Begin at the line containing "unfoldable pub trim_right : Text → Text" in the entries below and end at the line containing "IsSolid (String.◌∷◌ c"; transcribe that range exactly and nothing outside it.

Collected data
·····

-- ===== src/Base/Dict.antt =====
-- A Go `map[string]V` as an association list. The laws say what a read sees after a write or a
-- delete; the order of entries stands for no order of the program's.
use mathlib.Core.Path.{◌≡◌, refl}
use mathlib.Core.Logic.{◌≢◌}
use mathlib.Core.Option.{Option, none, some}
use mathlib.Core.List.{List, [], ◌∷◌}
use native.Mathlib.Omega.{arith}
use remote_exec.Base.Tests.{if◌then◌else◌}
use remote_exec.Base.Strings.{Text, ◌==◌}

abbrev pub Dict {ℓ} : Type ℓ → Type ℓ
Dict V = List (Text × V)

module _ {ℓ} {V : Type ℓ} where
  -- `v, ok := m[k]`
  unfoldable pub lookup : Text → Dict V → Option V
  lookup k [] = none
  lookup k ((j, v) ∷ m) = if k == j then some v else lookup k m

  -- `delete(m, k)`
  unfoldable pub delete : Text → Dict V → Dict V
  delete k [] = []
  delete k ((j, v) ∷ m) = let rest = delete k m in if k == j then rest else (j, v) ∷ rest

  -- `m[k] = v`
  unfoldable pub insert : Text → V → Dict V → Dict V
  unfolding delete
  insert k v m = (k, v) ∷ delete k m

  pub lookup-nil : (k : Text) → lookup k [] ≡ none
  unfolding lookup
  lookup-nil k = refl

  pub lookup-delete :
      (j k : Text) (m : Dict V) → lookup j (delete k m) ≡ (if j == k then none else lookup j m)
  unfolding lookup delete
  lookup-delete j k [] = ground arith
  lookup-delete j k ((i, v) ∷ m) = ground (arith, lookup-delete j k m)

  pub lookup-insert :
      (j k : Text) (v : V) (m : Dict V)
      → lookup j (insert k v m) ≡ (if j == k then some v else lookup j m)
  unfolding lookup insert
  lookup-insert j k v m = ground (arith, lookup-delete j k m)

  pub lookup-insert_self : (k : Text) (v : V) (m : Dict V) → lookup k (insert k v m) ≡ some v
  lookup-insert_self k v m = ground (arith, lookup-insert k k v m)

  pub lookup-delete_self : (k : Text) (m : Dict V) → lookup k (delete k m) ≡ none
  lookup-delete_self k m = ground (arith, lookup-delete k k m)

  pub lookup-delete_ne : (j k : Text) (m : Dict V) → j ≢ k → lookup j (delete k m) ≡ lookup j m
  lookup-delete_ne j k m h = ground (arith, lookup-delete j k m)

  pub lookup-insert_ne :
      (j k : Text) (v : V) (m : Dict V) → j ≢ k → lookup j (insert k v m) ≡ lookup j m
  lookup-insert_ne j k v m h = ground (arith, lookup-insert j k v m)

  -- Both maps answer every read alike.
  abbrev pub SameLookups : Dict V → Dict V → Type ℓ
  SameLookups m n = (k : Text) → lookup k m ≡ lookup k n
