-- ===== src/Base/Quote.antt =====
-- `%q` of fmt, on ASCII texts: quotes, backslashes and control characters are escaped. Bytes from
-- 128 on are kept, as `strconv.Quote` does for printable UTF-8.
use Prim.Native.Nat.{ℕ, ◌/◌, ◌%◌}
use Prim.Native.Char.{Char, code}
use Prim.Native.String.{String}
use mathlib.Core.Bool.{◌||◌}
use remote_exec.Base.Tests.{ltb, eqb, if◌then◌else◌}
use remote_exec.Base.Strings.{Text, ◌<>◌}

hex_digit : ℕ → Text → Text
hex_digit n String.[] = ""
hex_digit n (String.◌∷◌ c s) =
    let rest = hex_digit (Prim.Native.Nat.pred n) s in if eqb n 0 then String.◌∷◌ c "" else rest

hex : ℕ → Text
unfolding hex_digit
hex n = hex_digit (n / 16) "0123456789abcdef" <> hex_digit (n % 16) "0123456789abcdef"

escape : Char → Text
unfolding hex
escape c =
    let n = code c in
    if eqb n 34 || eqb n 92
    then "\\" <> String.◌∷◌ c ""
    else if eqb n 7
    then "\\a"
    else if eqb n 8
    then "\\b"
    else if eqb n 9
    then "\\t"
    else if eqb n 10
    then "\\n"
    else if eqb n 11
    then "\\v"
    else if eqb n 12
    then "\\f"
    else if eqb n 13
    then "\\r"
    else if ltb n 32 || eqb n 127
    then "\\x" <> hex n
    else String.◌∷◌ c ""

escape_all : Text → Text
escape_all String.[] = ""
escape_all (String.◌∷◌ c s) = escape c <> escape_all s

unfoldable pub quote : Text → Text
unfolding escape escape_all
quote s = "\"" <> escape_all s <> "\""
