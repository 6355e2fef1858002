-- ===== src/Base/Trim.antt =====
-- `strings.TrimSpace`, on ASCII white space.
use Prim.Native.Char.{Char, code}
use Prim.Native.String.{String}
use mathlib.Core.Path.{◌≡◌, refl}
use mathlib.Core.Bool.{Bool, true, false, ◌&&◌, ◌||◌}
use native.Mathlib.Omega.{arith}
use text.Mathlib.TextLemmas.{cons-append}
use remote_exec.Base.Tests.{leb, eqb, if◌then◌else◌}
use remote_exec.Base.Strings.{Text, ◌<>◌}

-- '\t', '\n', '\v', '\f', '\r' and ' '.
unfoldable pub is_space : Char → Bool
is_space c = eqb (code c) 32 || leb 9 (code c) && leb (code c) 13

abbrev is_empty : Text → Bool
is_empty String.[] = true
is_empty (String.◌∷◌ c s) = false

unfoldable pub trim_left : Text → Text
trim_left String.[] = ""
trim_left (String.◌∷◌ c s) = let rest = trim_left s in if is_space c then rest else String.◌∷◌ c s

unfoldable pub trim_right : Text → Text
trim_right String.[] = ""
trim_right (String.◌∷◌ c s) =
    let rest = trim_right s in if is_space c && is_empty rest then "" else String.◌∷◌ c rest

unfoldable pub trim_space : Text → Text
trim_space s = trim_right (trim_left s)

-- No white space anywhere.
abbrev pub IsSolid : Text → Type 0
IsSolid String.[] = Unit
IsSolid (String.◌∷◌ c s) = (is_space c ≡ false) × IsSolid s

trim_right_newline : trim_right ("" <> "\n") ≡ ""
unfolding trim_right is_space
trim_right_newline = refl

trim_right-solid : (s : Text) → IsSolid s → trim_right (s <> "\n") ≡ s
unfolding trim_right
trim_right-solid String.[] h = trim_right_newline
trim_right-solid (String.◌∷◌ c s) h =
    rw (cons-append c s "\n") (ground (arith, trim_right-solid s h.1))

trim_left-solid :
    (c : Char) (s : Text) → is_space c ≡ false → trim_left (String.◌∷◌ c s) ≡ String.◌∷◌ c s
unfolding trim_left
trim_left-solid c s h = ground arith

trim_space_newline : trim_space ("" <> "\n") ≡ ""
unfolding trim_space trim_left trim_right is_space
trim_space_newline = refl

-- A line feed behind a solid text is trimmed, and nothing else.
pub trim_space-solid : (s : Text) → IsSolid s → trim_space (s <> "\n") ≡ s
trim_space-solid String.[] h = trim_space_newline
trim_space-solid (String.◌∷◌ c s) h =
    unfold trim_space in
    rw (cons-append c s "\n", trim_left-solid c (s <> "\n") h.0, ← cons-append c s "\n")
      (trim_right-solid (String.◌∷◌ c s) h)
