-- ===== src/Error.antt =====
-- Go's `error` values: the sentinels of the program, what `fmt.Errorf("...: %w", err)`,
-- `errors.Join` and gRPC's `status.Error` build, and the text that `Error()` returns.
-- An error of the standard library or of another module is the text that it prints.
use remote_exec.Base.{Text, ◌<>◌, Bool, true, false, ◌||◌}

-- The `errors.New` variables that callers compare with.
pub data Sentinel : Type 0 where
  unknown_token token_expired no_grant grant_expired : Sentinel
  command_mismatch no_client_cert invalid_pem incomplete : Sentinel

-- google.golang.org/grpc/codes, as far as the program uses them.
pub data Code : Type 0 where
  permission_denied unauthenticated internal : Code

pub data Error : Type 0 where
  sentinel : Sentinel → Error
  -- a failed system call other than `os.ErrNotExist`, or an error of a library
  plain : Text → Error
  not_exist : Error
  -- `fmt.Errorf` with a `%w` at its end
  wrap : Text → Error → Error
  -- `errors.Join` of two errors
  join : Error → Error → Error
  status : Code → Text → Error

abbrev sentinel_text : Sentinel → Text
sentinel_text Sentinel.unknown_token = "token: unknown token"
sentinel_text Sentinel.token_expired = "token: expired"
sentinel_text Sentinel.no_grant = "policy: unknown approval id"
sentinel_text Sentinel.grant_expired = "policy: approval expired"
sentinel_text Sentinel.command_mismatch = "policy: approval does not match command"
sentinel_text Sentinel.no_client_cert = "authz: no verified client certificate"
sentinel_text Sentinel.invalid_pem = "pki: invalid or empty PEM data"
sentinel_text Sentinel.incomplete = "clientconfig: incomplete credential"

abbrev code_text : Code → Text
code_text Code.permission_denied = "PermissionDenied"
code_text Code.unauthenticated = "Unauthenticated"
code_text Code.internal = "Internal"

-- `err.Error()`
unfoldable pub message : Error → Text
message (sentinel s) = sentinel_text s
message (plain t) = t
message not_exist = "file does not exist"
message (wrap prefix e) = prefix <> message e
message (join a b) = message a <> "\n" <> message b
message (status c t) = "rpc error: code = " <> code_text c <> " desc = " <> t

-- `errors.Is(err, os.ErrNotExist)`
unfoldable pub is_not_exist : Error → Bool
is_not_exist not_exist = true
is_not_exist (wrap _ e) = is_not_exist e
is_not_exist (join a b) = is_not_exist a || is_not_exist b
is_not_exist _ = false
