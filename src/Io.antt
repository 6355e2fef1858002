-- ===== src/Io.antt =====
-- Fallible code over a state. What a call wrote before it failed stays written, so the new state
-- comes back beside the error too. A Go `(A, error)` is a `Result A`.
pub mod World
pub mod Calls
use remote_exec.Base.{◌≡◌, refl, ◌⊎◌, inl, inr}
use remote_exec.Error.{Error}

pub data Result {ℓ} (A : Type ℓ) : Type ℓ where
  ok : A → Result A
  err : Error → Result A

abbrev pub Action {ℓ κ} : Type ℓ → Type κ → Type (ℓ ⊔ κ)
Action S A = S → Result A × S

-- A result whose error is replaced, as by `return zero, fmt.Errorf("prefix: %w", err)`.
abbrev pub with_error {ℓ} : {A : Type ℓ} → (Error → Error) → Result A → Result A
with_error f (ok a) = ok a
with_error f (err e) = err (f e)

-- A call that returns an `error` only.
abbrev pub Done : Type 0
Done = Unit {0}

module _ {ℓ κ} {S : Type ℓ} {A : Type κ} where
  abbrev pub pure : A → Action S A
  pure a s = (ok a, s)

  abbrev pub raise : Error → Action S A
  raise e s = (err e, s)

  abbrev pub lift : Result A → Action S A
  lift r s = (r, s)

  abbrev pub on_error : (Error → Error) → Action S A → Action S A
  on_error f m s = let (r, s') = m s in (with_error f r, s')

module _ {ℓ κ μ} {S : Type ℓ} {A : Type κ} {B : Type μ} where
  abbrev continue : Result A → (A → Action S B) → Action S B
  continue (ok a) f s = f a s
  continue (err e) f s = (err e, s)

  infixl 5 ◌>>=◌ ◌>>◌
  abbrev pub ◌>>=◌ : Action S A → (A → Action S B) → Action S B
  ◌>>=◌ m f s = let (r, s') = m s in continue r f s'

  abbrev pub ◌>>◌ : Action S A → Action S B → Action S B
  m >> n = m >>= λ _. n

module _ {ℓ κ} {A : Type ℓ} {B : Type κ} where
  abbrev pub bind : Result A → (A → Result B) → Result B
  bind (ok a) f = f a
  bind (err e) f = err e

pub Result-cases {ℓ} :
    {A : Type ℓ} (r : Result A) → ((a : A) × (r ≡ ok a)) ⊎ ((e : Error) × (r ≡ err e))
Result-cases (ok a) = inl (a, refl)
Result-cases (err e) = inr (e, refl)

·····

▶ [WRITTEN RESPONSE]
unfoldable pub trim_right : Text → Text
trim_right String.[] = ""
trim_right (String.◌∷◌ c s) =
    let rest = trim_right s in if is_space c && is_empty rest then "" else String.◌∷◌ c rest

unfoldable pub trim_space : Text → Text
trim_space s = trim_right (trim_left s)

-- No white space anywhere.
abbrev pub IsSolid : Text → Type 0
IsSolid String.[] = Unit
IsSolid (String.◌∷◌ c s) = (is_space c ≡ false) × IsSolid s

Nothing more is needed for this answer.